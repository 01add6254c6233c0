-- ===== src/Engine/Facts/Bounds.antt =====
-- How far back a fact looks.
use complif_techinical_chall.Base.{ℕ, ◌-◌, ◌*◌, ◌≤◌, ◌≡◌, ap, String, arith}
use complif_techinical_chall.Base.Int.{ℤ}
use complif_techinical_chall.Base.{Option}
use complif_techinical_chall.Common.Exec.{Result}
use complif_techinical_chall.Engine.Facts.{
  Almanac, TransactionHistoryParams, HistoryQuery, bind, day_ms, account_of, history,
  transaction_history,
}
use Prim.Native.Nat.{min}

-- A history over more days than the configured maximum is the history over that maximum.
pub transaction_history-capped :
    {Db : Type 0} (aggregate : HistoryQuery → Db → Result (Option ℤ)) (max_days now : ℕ)
    (params : TransactionHistoryParams) (almanac : Almanac) (organization_id : String) (d : Db)
    → max_days ≤ params.time_window_days
    → transaction_history aggregate max_days now params almanac organization_id d
      ≡ transaction_history aggregate max_days now
          (record params { time_window_days = max_days })
          almanac
          organization_id
          d
unfolding transaction_history account_of history
transaction_history-capped aggregate max_days now params almanac organization_id d h =
    let same : min params.time_window_days max_days ≡ min max_days max_days = omega arith in
    ap
      (λ days.
        bind (account_of params almanac)
          λ account_id. history aggregate (now - days * day_ms) params organization_id account_id d)
      same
⁂
__What is needed__:
Every entry above should come back exactly as written.

__The answer__:
repository 01add6254c6233c0
-- ===== src/Engine/Facts/Bounds.antt =====
-- How far back a fact looks.
use complif_techinical_chall.Base.{ℕ, ◌-◌, ◌*◌, ◌≤◌, ◌≡◌, ap, String, arith}
use complif_techinical_chall.Base.Int.{ℤ}
use complif_techinical_chall.Base.{Option}
use complif_techinical_chall.Common.Exec.{Result}
use complif_techinical_chall.Engine.Facts.{
  Almanac, TransactionHistoryParams, HistoryQuery, bind, day_ms, account_of, history,
  transaction_history,
}
use Prim.Native.Nat.{min}

-- A history over more days than the configured maximum is the history over that maximum.
pub transaction_history-capped :
    {Db : Type 0} (aggregate : HistoryQuery → Db → Result (Option ℤ)) (max_days now : ℕ)
    (params : TransactionHistoryParams) (almanac : Almanac) (organization_id : String) (d : Db)
    → max_days ≤ params.time_window_days
    → transaction_history aggregate max_days now params almanac organization_id d
      ≡ transaction_history aggregate max_days now
          (record params { time_window_days = max_days })
          almanac
          organization_id
          d
unfolding transaction_history account_of history
transaction_history-capped aggregate max_days now params almanac organization_id d h =
    let same : min params.time_window_days max_days ≡ min max_days max_days = omega arith in
    ap
      (λ days.
        bind (account_of params almanac)
          λ account_id. history aggregate (now - days * day_ms) params organization_id account_id d)
      same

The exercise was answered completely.